Preston Tucker was drafted in the seventh round in 2012 by the Houston Astros. He was the 219th player drafted that year. His brother, Kyle, was the fifth player taken in 2015. The Braves acquired Tucker on Dec. 20, 2017 from the Astros for a player to be named later. Tucker, who was born July 6, 1990, in Tampa, played college baseball for the Florida Gators. He graduated with a degree in anthropology. Tucker hit 24 home runs and had 96 RBIs in 2017 for Triple-A Fresno in the Astros organization. Tucker

With Tucker producing, Braves can wait for Acuna to get going

Like other team officials, Snitker isn’t at all concerned by Acuna’s 4-for-29 start to the season at Triple-A Gwinnett  including 10 strikeouts and three walks.

But the Braves also felt no urgency to bring him to the major leagues, particularly with the Braves getting solid production from temporary left fielder Preston Tucker, who hit another three-run homer Friday in a 4-0 win against the Cubs to give him three homers and a team-high 12 RBIs.

“Ryan (Flaherty) and Preston have been doing a fantastic job for us the first two weeks,” Braves slugger Freddie Freeman said, referring Tucker and Flaherty, the veteran utility man filling in at third base with Johan Camargo out. “They’ve really been winning ballgames pretty much by themselves out there and it’s been huge for us.”

Flaherty had three hits Friday and has a .366 average and .458 OBP.

Snitker gets reports every day from Triple-A manager Damon Berryhill, who said to reporters about Acuna: “I think he’s pressing a little bit. Chasing out of the zone, which is unusual for him. But I’m not overly concerned. It’s been a slow start for basically this whole league. The first week we played was brutal weather everywhere.”

Acuna, the consensus No. 1 prospect in baseball, had played only seven games in 2-1/2 weeks – including the Braves vs. Future Stars game March 27 -- because of a gap this year between the end of spring training and start of the Triple-A season April 6. Gwinnett opened on the road in in chilly and sometimes wet conditions and had one game rained out.

Camargo, who’s with Gwinnett on an injury-rehab assignment, also started slowly, but has hit three homers in his past three games. He’s 4-for-24 with three homers,  two walks and eight strikeouts in six rehab games, with no firm timetable yet for coming off the disabled list.

“I think the biggest thing with all those guys was that layoff,” Snitker said. “They played that Futures Game and didn’t play again for what, eight or nine days after that? Just not real conducive to keeping things going. When you’re in that competitive mode playing teams, then all of a sudden you play pick-up games again. It just wasn’t conducive to a lot of guys getting off the mat really quick. 

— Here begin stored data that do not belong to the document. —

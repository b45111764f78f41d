-- ===== src/Console/Control.antt =====
-- The control queues: the messages that wait for the guest, and the worker that delivers them and
-- answers the guest's. (device/virtio-console/src/console_control.rs)
pub mod Delivery
pub mod Commands
pub mod Answers
use virtio_device_poc.Base.{
  ◌≡◌, ℕ, zero, suc, ◌+◌, Bool, true, false, not, Option, none, some, List, [], ◌∷◌, ◌++◌, Result,
  ok, err, ◌==◌, ltb, if◌then◌else◌, length, get_elem?, is_empty,
}
use virtio_device_poc.Console.Message.{
  VirtioConsoleControl, VirtioConsoleResize, Payload, console_control, raw_bytes, payload_bytes,
  control_bytes, resize_bytes, read_control,
}
use virtio_device_poc.Console.Port.{Port}

abbrev pub virtio_console_device_ready : ℕ
virtio_console_device_ready = 0

abbrev pub virtio_console_port_add : ℕ
virtio_console_port_add = 1

abbrev pub virtio_console_port_ready : ℕ
virtio_console_port_ready = 3

abbrev pub virtio_console_console_port : ℕ
virtio_console_console_port = 4

abbrev pub virtio_console_resize : ℕ
virtio_console_resize = 5

abbrev pub virtio_console_port_open : ℕ
virtio_console_port_open = 6

abbrev pub virtio_console_port_name : ℕ
virtio_console_port_name = 7

-- `ConsoleControl`, first message first, with the counter of `queue_evt`.
pub record ConsoleControl : Type 0 where
  pub queue : List Payload
  pub queue_evt : ℕ

abbrev pub new_control : ConsoleControl
new_control = record { queue = []; queue_evt = 0 }

unfoldable pub push_msg : ConsoleControl → VirtioConsoleControl → ConsoleControl
push_msg c msg = record { queue = c.queue ++ console_control msg ∷ []; queue_evt = c.queue_evt + 1 }

unfoldable pub push_vec : ConsoleControl → List ℕ → ConsoleControl
push_vec c buf = record { queue = c.queue ++ raw_bytes buf ∷ []; queue_evt = c.queue_evt + 1 }

-- `none` leaves the queue empty as it was.
unfoldable pub queue_pop : ConsoleControl → Option (Payload × ConsoleControl)
queue_pop c = elim c.queue [ [] ↦ none | x ∷ xs ↦ some (x, record c { queue = xs }) ]

unfoldable pub mark_console_port : ConsoleControl → ℕ → ConsoleControl
unfolding push_msg
mark_console_port c port_id =
    push_msg c (record { id = port_id; event = virtio_console_console_port; value = 1 })

unfoldable pub console_resize : ConsoleControl → ℕ → VirtioConsoleResize → ConsoleControl
unfolding push_vec
console_resize c port_id new_size = push_vec c (
    control_bytes (record { id = port_id; event = virtio_console_resize; value = 0 })
    ++ resize_bytes new_size)

unfoldable pub port_add : ConsoleControl → ℕ → ConsoleControl
unfolding push_msg
port_add c port_id =
    push_msg c (record { id = port_id; event = virtio_console_port_add; value = 0 })

unfoldable pub port_open : ConsoleControl → ℕ → Bool → ConsoleControl
unfolding push_msg
port_open c port_id open_port =
    push_msg c (record {
      id = port_id;
      event = virtio_console_port_open;
      value = if open_port then 1 else 0;
    })

unfoldable pub port_name : ConsoleControl → ℕ → List ℕ → ConsoleControl
unfolding push_vec
port_name c port_id name =
    push_vec c
      (control_bytes (record { id = port_id; event = virtio_console_port_name; value = 1 }) ++ name)

-- `0..self.ports.len()`, from `port_id` on.
unfoldable pub add_ports : ConsoleControl → ℕ → List Port → ConsoleControl
add_ports c port_id [] = c
add_ports c port_id (p ∷ ports) = add_ports (port_add c port_id) (port_id + 1) ports

abbrev pub get_win_size : ℕ × ℕ
get_win_size = (80, 24)

unfoldable pub port_is_ready : Port → ConsoleControl → ℕ → ConsoleControl
port_is_ready port c id =
    let opened =
      if port.represents_console
      then console_resize (port_open (mark_console_port c id) id true) id
          (record { rows = get_win_size.1; cols = get_win_size.0 })
      else port_open c id true in
    if is_empty port.name then opened else port_name opened id port.name

-- The reaction to one command of the guest; `none` is the panic of a port that does not exist.
unfoldable pub handle_command :
    List Port → ConsoleControl → VirtioConsoleControl → Option ConsoleControl
unfolding add_ports port_is_ready
handle_command ports c cmd =
    if cmd.event == virtio_console_device_ready
    then some (add_ports c 0 ports)
    else if cmd.event == virtio_console_port_ready
    then (if not (cmd.value == 1) then some c else elim (get_elem? ports cmd.id) [
      | none ↦ none
      | some port ↦ some (port_is_ready port c cmd.id)
    ])
    else some c

-- What the worker calls in virtio-queue and vm-memory: a queue of descriptor chains, of which it
-- takes and puts back the first one; the Reader and the Writer of a chain.
pub record ControlQueue : Type 1 where
  pub Queue : Type 0
  pub Chain : Type 0
  pub Mem : Type 0
  pub pop_descriptor_chain : Queue → Option (Chain × Queue)
  pub go_to_previous_position : Queue → Queue
  pub head_index : Chain → ℕ
  pub add_used : Queue → ℕ → ℕ → Result Queue ℕ
  pub write : Mem → Chain → List ℕ → Mem × Result ℕ ℕ
  pub read : Mem → Chain → List ℕ

module _ (q : ControlQueue) where
  pub record RxState : Type 0 where
    pub mem : q.Mem
    pub queue : q.Queue
    pub control : ConsoleControl
    pub raise_irq : Bool

  -- One popped chain of `process_rx`, with a message for it.
  unfoldable pub deliver : RxState → q.Chain → q.Queue → Payload → ConsoleControl → RxState
  deliver s head queue buf control =
      let (mem, r) = q.write s.mem head (payload_bytes buf) in
      let popped : RxState = record {
        mem = mem;
        queue = queue;
        control = control;
        raise_irq = s.raise_irq;
      } in
      elim r [
        | err e ↦ popped
        | ok n ↦
            if not (n == length (payload_bytes buf))
            then popped
            else elim (q.add_used queue (q.head_index head) n) [
              | ok used ↦ record popped { queue = used; raise_irq = true }
              | err e ↦ record popped { raise_irq = true }
            ]
      ]

  -- The loop of `process_rx`; `none` if the fuel runs out.
  unfoldable pub rx_loop : ℕ → RxState → Option RxState
  unfolding deliver queue_pop
  rx_loop zero s = none
  rx_loop (suc fuel) s = elim (q.pop_descriptor_chain s.queue) [
    | none ↦ some s
    | some (head, queue) ↦ elim (queue_pop s.control) [
      | none ↦ some (record s { queue = q.go_to_previous_position queue })
      | some (buf, control) ↦ rx_loop fuel (deliver s head queue buf control)
    ]
  ]

  pub record TxState : Type 0 where
    pub queue : q.Queue
    pub control : ConsoleControl
    pub raise_irq : Bool

  -- `let head_index = 0`: every command is returned under the index 0.
  unfoldable pub return_command : q.Queue → q.Queue
  return_command queue = elim (q.add_used queue 0 8) [ ok used ↦ used | err e ↦ queue ]

  -- The loop of `process_tx`; the outer `none` if the fuel runs out, the inner one a panic.
  unfoldable pub tx_loop : ℕ → List Port → q.Mem → TxState → Option (Option TxState)
  unfolding return_command handle_command
  tx_loop zero ports mem s = none
  tx_loop (suc fuel) ports mem s = elim (q.pop_descriptor_chain s.queue) [
    | none ↦ some (some s)
    | some (head, queue) ↦ elim (read_control (q.read mem head)) [
      | none ↦ tx_loop fuel ports mem (record s { queue = queue; raise_irq = true })
      | some cmd ↦ elim (handle_command ports s.control cmd) [
        | none ↦ some none
        | some control ↦
            tx_loop fuel ports mem
              (record { queue = return_command queue; control = control; raise_irq = true })
      ]
    ]
  ]

  -- `process_rx`: what the kick and the lock of the queue gave.
  unfoldable pub process_rx : ℕ → Bool → Option q.Queue → RxState → Option RxState
  unfolding rx_loop
  process_rx fuel kicked locked s = if not kicked then some s else elim locked [
    | none ↦ some (record s { control = record s.control { queue_evt = 0 } })
    | some queue ↦
        rx_loop fuel (record s { queue = queue; control = record s.control { queue_evt = 0 } })
  ]

-- What is documented of the queue: a popped chain is no longer pending until it is put back, and
-- add_used puts one entry into the used ring.
pub record ControlQueueLaws (q : ControlQueue) : Type 0 where
  pub pending : q.Queue → ℕ
  pub used : q.Queue → List (ℕ × ℕ)
  pub pop_none : (x : q.Queue) → q.pop_descriptor_chain x ≡ none → pending x ≡ 0
  pub pop_some :
      (x y : q.Queue) (head : q.Chain)
      → q.pop_descriptor_chain x ≡ some (head, y)
      → (pending x ≡ suc (pending y)) × (used y ≡ used x)
  pub put_back :
      (x y : q.Queue) (head : q.Chain)
      → q.pop_descriptor_chain x ≡ some (head, y)
      → (pending (q.go_to_previous_position y) ≡ suc (pending y))
        × (used (q.go_to_previous_position y) ≡ used y)
  pub add_one :
      (x y : q.Queue) (head n : ℕ)
      → q.add_used x head n ≡ ok y
      → (pending y ≡ pending x) × (used y ≡ used x ++ (head, n) ∷ [])
  -- The chains that wait, in order.
  pub waiting : q.Queue → List q.Chain
  pub pending_waiting : (x : q.Queue) → pending x ≡ length (waiting x)
  pub pop_waiting :
      (x y : q.Queue) (head : q.Chain)
      → q.pop_descriptor_chain x ≡ some (head, y)
      → waiting x ≡ head ∷ waiting y
  pub add_waiting :
      (x y : q.Queue) (head n : ℕ) → q.add_used x head n ≡ ok y → waiting y ≡ waiting x
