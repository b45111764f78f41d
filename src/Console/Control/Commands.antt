-- ===== src/Console/Control/Commands.antt =====
-- The answers to the guest's commands. (device/virtio-console/src/console_control.rs)
use virtio_device_poc.Base.{
  ℕ, zero, suc, ◌+◌, ◌≤◌, ◌<◌, ◌≡◌, ◌↔◌, refl, sym, ap, ◌∙◌, subst, Bool, true, false, not, Option,
  none, some, List, [], ◌∷◌, ◌++◌, ◌==◌, if◌then◌else◌, length, get_elem?, arith, is_empty, ==_iff,
  eq→==, by_bool, by_option, get_elem?-some, get_elem?-ge, length-append,
}
use mathlib.Core.Option.{some-injective}
use mathlib.Core.List.{append-nil, append_assoc}
use virtio_device_poc.Console.Port.{Port}
use virtio_device_poc.Console.Message.{VirtioConsoleControl, Payload, console_control, raw_bytes}
use virtio_device_poc.Console.Control.{
  ConsoleControl, push_msg, push_vec, mark_console_port, console_resize, port_add, port_open,
  port_name, add_ports, port_is_ready, handle_command, virtio_console_device_ready,
  virtio_console_port_ready, virtio_console_port_add,
}

-- The second queue is the first with so many more messages, each of which raised the event.
pub record IsLonger (c c' : ConsoleControl) : Type 0 where
  pub more : List Payload
  pub appended : c'.queue ≡ c.queue ++ more
  pub raised : c'.queue_evt ≡ c.queue_evt + length more

pub same_IsLonger : (c : ConsoleControl) → IsLonger c c
same_IsLonger c = record { more = []; appended = sym (append-nil c.queue); raised = omega arith }

pub then_IsLonger : (a b c : ConsoleControl) → IsLonger a b → IsLonger b c → IsLonger a c
then_IsLonger a b c p q = record {
  more = p.more ++ q.more;
  appended = q.appended ∙ ap (λ l. l ++ q.more) p.appended ∙ append_assoc a.queue p.more q.more;
  raised = omega (arith, p.raised, q.raised, length-append p.more q.more);
}

push_msg-IsLonger : (c : ConsoleControl) (m : VirtioConsoleControl) → IsLonger c (push_msg c m)
unfolding push_msg
push_msg-IsLonger c m = record { more = console_control m ∷ []; appended = refl; raised = refl }

push_vec-IsLonger : (c : ConsoleControl) (buf : List ℕ) → IsLonger c (push_vec c buf)
unfolding push_vec
push_vec-IsLonger c buf = record { more = raw_bytes buf ∷ []; appended = refl; raised = refl }

add_ports-IsLonger :
    (ports : List Port) (c : ConsoleControl) (i : ℕ) → IsLonger c (add_ports c i ports)
unfolding add_ports port_add
add_ports-IsLonger [] c i = same_IsLonger c
add_ports-IsLonger (p ∷ ports) c i =
    then_IsLonger c _ _ (push_msg-IsLonger c _) (add_ports-IsLonger ports _ (i + 1))

port_is_ready-IsLonger :
    (port : Port) (c : ConsoleControl) (id : ℕ) → IsLonger c (port_is_ready port c id)
unfolding port_is_ready mark_console_port port_open console_resize port_name
port_is_ready-IsLonger port c id = named (opened port.represents_console)
  where
    announced : Bool → ConsoleControl
    announced b =
        if b
        then console_resize (port_open (mark_console_port c id) id true) id
            (record { rows = 24; cols = 80 })
        else port_open c id true

    opened : (b : Bool) → IsLonger c (announced b)
    opened true =
        then_IsLonger c _ _ (push_msg-IsLonger c _)
          (then_IsLonger _ _ _ (push_msg-IsLonger _ _) (push_vec-IsLonger _ _))
    opened false = push_msg-IsLonger c _

    named :
        IsLonger c (announced port.represents_console)
        → IsLonger c (
            if is_empty port.name
            then announced port.represents_console
            else port_name (announced port.represents_console) id port.name)
    named p =
        by_bool (IsLonger c) (is_empty port.name) _ _ (λ e. p)
          (λ e. then_IsLonger c _ _ p (push_vec-IsLonger _ _))

abbrev LongerAfter : ConsoleControl → Option ConsoleControl → Type 0
LongerAfter c o = (c' : ConsoleControl) → o ≡ some c' → IsLonger c c'

longer : (c x : ConsoleControl) → IsLonger c x → LongerAfter c (some x)
longer c x p c' e = subst (IsLonger c) (some-injective x c' e) p

-- Whatever command the guest sends, the worker only appends messages to the control queue, and
-- raises the queue's event once for each.
pub handle_command-IsLonger :
    (ports : List Port) (c c' : ConsoleControl) (cmd : VirtioConsoleControl)
    → handle_command ports c cmd ≡ some c'
    → IsLonger c c'
unfolding handle_command
handle_command-IsLonger ports c c' cmd =
    by_bool (LongerAfter c) (cmd.event == virtio_console_device_ready) _ _
      (λ e. longer c _ (add_ports-IsLonger ports c 0))
      (λ e.
        by_bool (LongerAfter c) (cmd.event == virtio_console_port_ready) _ _
          (λ e.
            by_bool (LongerAfter c) (not (cmd.value == 1)) _ _ (λ e. longer c c (same_IsLonger c))
              (λ e.
                by_option (LongerAfter c) (get_elem? ports cmd.id) _ _ (λ e x q. cc)
                  (λ port e. longer c _ (port_is_ready-IsLonger port c cmd.id))))
          (λ e. longer c c (same_IsLonger c)))
      c'

-- The guest's command panics the worker exactly if it reports as ready a port that the device does
-- not have.
pub handle_command-panic_iff :
    (ports : List Port) (c : ConsoleControl) (cmd : VirtioConsoleControl)
    → (handle_command ports c cmd ≡ none)
      ↔ ((cmd.event ≡ virtio_console_port_ready) × (cmd.value ≡ 1) × (length ports ≤ cmd.id))
unfolding handle_command
handle_command-panic_iff ports c cmd =
    by_bool PanicsIff (cmd.event == virtio_console_device_ready) _ _
      (λ e. (λ q. cc, λ (ready, good, missing). absurd (different e ready)))
      (λ e.
        by_bool PanicsIff (cmd.event == virtio_console_port_ready) _ _
          (λ ready.
            by_bool PanicsIff (not (cmd.value == 1)) _ _
              (λ bad. (λ q. cc, λ (is_ready, good, missing). absurd (ground arith)))
              (λ good.
                by_option PanicsIff (get_elem? ports cmd.id) _ _
                  (λ missing. (
                    λ q. (
                      (==_iff _ _).0 ready,
                      (let one : cmd.value ≡ 1 = ground arith in one),
                      (let beyond : length ports ≤ cmd.id =
                            omega (arith, get_elem?-ge ports cmd.id missing) in
                          beyond),
                    ),
                    λ p. refl,
                  ))
                  (λ port found. (
                    λ q. cc,
                    λ (is_ready, is_one, beyond).
                        absurd (omega (arith, get_elem?-some ports cmd.id port found)),
                  ))))
          (λ other. (λ q. cc, λ (is_ready, good, missing). absurd (ground arith))))
  where
    PanicsIff : Option ConsoleControl → Type 0
    PanicsIff o =
        (o ≡ none)
        ↔ ((cmd.event ≡ virtio_console_port_ready) × (cmd.value ≡ 1) × (length ports ≤ cmd.id))

    different : (cmd.event == 0) ≡ true → cmd.event ≡ 3 → ⊥
    different e f = ground arith

abbrev port_added : ℕ → Payload
port_added id = console_control (record { id = id; event = virtio_console_port_add; value = 0 })

-- The announcement of each port, numbered from `i` on.
unfoldable announcements : ℕ → List Port → List Payload
announcements i [] = []
announcements i (p ∷ ports) = port_added i ∷ announcements (i + 1) ports

add_ports-announcements :
    (ports : List Port) (c : ConsoleControl) (i : ℕ)
    → (add_ports c i ports).queue ≡ c.queue ++ announcements i ports
unfolding add_ports port_add push_msg announcements
add_ports-announcements [] c i = sym (append-nil c.queue)
add_ports-announcements (p ∷ ports) c i =
    add_ports-announcements ports _ (i + 1)
    ∙ append_assoc c.queue (port_added i ∷ []) (announcements (i + 1) ports)

length-announcements : (ports : List Port) (i : ℕ) → length (announcements i ports) ≡ length ports
unfolding announcements
length-announcements [] i = refl
length-announcements (p ∷ ports) i = ap suc (length-announcements ports (i + 1))

get_elem?-announcements :
    (ports : List Port) (i j : ℕ)
    → j < length ports
    → get_elem? (announcements i ports) j ≡ some (port_added (i + j))
unfolding announcements
get_elem?-announcements [] i j l = absurd (omega arith)
get_elem?-announcements (p ∷ ports) i zero l =
    ap (λ n. some (port_added n)) (let e : i ≡ i + 0 = omega arith in e)
get_elem?-announcements (p ∷ ports) i (suc j) l =
    get_elem?-announcements ports (i + 1) j (omega arith)
    ∙ ap (λ n. some (port_added n)) (let e : i + 1 + j ≡ i + suc j = omega arith in e)

-- Once the guest reports that the device is ready, the worker announces every port, in order and
-- once each, behind the messages that wait already.
pub device_ready-announces :
    (ports : List Port) (c : ConsoleControl) (cmd : VirtioConsoleControl)
    → cmd.event ≡ virtio_console_device_ready
    → (c' : ConsoleControl) × (more : List Payload) × (handle_command ports c cmd ≡ some c')
      × (c'.queue ≡ c.queue ++ more)
      × (length more ≡ length ports)
      × ((j : ℕ)
          → j < length ports
          → get_elem? more j
            ≡ some
                (console_control (record { id = j; event = virtio_console_port_add; value = 0 })))
unfolding handle_command
device_ready-announces ports c cmd ready = (
  add_ports c 0 ports,
  announcements 0 ports,
  rw (eq→== cmd.event 0 ready) refl,
  add_ports-announcements ports c 0,
  length-announcements ports 0,
  (λ j l.
      get_elem?-announcements ports 0 j l
      ∙ ap (λ n. some (port_added n)) (let e : 0 + j ≡ j = omega arith in e)),
)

“I think more than pressing it’s probably just getting back into the swing of things. And then there, too, they got started and the weather was bad, got rained out, just hasn’t been a good mix of consistency yet.”

It’s only a matter of time before Acuna takes over in left field for the Braves, though it’ll be a little longer than originally anticipated or than most Braves fans hoped. Saturday is the day that most had targeted, since that’s the earliest Acuna could be brought up and still guarantee the Braves another full season of contractual control before he’s potentially elgible for free agency in seven instead of six years.

At the time that Acuna was sent down to minor league camp during spring training in mid-March, the phenom led the Grapefruit League and ranked second in the majors in average (.432), on-base percentage (.519), slugging percentage (.727) and OPS (1.247). He also led the Braves in home runs (four) and stolen bases (four) and was tied for the team lead in RBIs (11) and runs (eight).

The Braves insisted Acuna was being sent down for general development after being moved so quickly through three minor league levels in 2017 by the previous front-office regime. But the widely held view around baseball was the Braves sent him down for one reason: to control his service time so the team is assured an extra season of contractual control before he could be eligible for free agency.

Now, with his slow start coupled with the work the Braves have gotten from Tucker during the team’s encouraging surprising start, the Braves feel no urgency to bring up Acuna until he gets his offense clicking again. 

Tucker’s three-run homer in the fifth inning Friday gave the Braves a 4-0 lead in the series opener at Wrigley Field.

No one believes it will take long for Acuna to start hitting, since he’s been known for starting slowly but catching fire in a hurry – he did it last season in Single-A ball and did it at the outset of spring training.

Whether the Braves have him make his debut during a seven-game homestand that begins Monday remains to be seen, but there’s obviously a possibility he’ll be up as soon as he starts to consistently look more like himself at the plate.

With Camargo, the Braves also see no urgency to activate him given the performance of fill-in Flaherty.

“Especially with Camargo, as long as he’s healthy, we’re not pushed to get him back,” Snitker said. “Unless something happens, we can allow him to keep getting the game at-bats. The good thing is he’s healthy and playing every day and getting the at-bats. If something happened and we needed to bring him back tomorrow, we could. There wouldn’t be any reservations. It’s just a matter of we’re not forced to rush him back.”